There is some amiguity in the reply. You seem to have quoted the values of the bits in hex and then you added them in decimal. This is highly suspect. In hex the following sum is:The BCD bits represent: 1, 2, 4, 8, 10, 20, 40, 80 . So the sum is 165. However, each 4-bit unit cannot exceed 9; therefore, 8 bits equals 99 as the largest decimal with 8 bcd bits. See H&H, Art of Electronics, p. 476. John
Edit: Think of a BCD thumbwheel switch. The binary code out the back of each ganged unit is 4-bit binary (i.e., 0-15); however, the numbers on each wheel go only from 0 to 9. You get the same answer (99) for 8-bit coding. I hope the physical example may help.
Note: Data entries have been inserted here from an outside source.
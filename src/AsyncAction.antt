-- ===== src/AsyncAction.antt =====
-- bteng/nodes/leaf/async_action.py: AsyncActionNode and the workers that run execute_async. A run is
-- known by a number. The pool may begin any queued run; what a feedback message quotes is left out.
-- The join of a halted run may time out: then its worker goes on.
pub mod Steps
pub mod Published
pub mod Served
pub mod Alive
use bteng.Prelude.{
  ℕ, ◌+◌, String, Bool, true, false, Option, none, some, List, [], ◌∷◌, ◌==◌, if◌then◌else◌,
  or_else,
}
use bteng.Value.{Status, idle, running, success, failure, is_status, Value}
use bteng.Tick.Reactive.{mem}
use bteng.Executor.{discard}

-- What execute_async gave: a value, or an exception that escaped.
pub data Work : Type 0 where
  value : Value → Work
  escaped : Work

pub record AsyncAction : Type 0 where
  pub status : Status
  pub feedback_message : String
  pub thread_pool : Bool
  pub future : Option ℕ
  pub thread : Option ℕ
  pub result : Option Status
  pub result_feedback : Option String
  pub cancelled : Bool

-- The runs: queued and started in the pool, on threads of their own, and ended in the pool; and whether the
-- pool was stopped.
pub record Workers : Type 0 where
  pub next : ℕ
  pub queued : List ℕ
  pub started : List ℕ
  pub threads : List ℕ
  pub done : List (ℕ × Work)
  pub stopped : Bool

unfoldable pub find_done : ℕ → List (ℕ × Work) → Option Work
find_done i [] = none
find_done i ((j, work) ∷ rest) = let older = find_done i rest in if j == i then some work else older

-- _settle_result, _settle_exception: the status, and the feedback message if there is one.
unfoldable pub settle : Work → Status × Option String
settle (value (Value.status s)) = (s, none)
settle (value v) = (failure, some "execute_async() returned no NodeStatus")
settle escaped = (failure, some "execute_async() raised")

-- What a RUNNING node settles on: its future's result, or what its thread has published.
unfoldable pub settled_by :
    Option ℕ → Option Status → Option String → List (ℕ × Work) → Option (Status × Option String)
unfolding find_done settle
settled_by (some i) result feedback done = elim (find_done i done) [
  | none ↦ none
  | some work ↦ some (settle work)
]
settled_by none none feedback done = none
settled_by none (some s) feedback done = some (s, feedback)

unfoldable pub settled : AsyncAction → Workers → Option (Status × Option String)
unfolding settled_by
settled n ws = settled_by n.future n.result n.result_feedback ws.done

abbrev pub cleared : AsyncAction → AsyncAction
cleared n = record n { result = none; result_feedback = none; cancelled = false }

-- The branch of `tick` that starts fresh, with no status where `submit` raises RuntimeError.
unfoldable pub start : AsyncAction → Workers → Option Status × AsyncAction × Workers
start n ws =
    if n.thread_pool
    then if ws.stopped then (none, cleared n, ws) else (
      some running,
      record (cleared n) { future = some ws.next; thread = none },
      record ws { next = ws.next + 1; queued = ws.next ∷ ws.queued },
    )
    else (
      some running,
      record (cleared n) { future = none; thread = some ws.next },
      record ws { next = ws.next + 1; threads = ws.next ∷ ws.threads },
    )

-- The branch that checks for completion.
unfoldable pub poll : Option (Status × Option String) → AsyncAction → Status × AsyncAction
poll none n = (running, n)
poll (some (s, feedback)) n =
    (s, record n { feedback_message = or_else feedback n.feedback_message })

unfoldable pub tick : AsyncAction → Workers → Option Status × AsyncAction × Workers
unfolding settled start poll
tick n ws =
    let (s, polled) = poll (settled n ws) n in
    if is_status n.status running then (some s, polled, ws) else start n ws

-- What execute_tick does with the status: it raises TypeError for IDLE, and lets an exception through.
unfoldable pub conclude : Option Status → AsyncAction → AsyncAction
conclude none n = n
conclude (some idle) n = n
conclude (some s) n = record n { status = s }

-- `self._future.cancel()`, which withdraws a run that is still queued.
unfoldable pub withdraw : Option ℕ → Workers → Workers
withdraw none ws = ws
withdraw (some i) ws = record ws { queued = discard i ws.queued }

-- _on_halt, behind its joins
unfoldable pub on_halt : AsyncAction → Workers → AsyncAction × Workers
unfolding withdraw
on_halt n ws = (
  record n {
    future = none;
    thread = none;
    result = none;
    result_feedback = none;
    cancelled = true;
  },
  withdraw n.future ws,
)

-- TreeNode.halt
unfoldable pub halt : AsyncAction → Workers → AsyncAction × Workers
unfolding on_halt
halt n ws =
    let (n', ws') = on_halt n ws in
    if is_status n.status running
    then (record n' { status = idle }, ws')
    else (record n { status = idle }, ws)

-- TreeNode.reset_node, which calls _on_halt whatever the status is.
unfoldable pub reset : AsyncAction → Workers → AsyncAction × Workers
unfolding on_halt
reset n ws =
    let (n', ws') = on_halt n ws in (record n' { status = idle; feedback_message = "" }, ws')

-- The end of _thread_body: the message is published alongside the status.
unfoldable pub publish : Work → AsyncAction → AsyncAction
unfolding settle
publish work n =
    let (s, feedback) = settle work in record n { result = some s; result_feedback = feedback }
0x01 + 0x02 + 0x04 + 0x08 + 0x10 + 0x20 + 0x40 + 0x80 = 0xFF
That is what I meant. Sorry for the ambiguity.On the other hand if you ment for the place values to be decimal the apparent difference in the sum of 165 and the maximum representable number, 99, occurs precisely because some combinations of bits are not legal BCD numbers.
You are certainly correct in stating that an 8-bit byte can represent the BCD numbers in from the set {00,01,...,99}.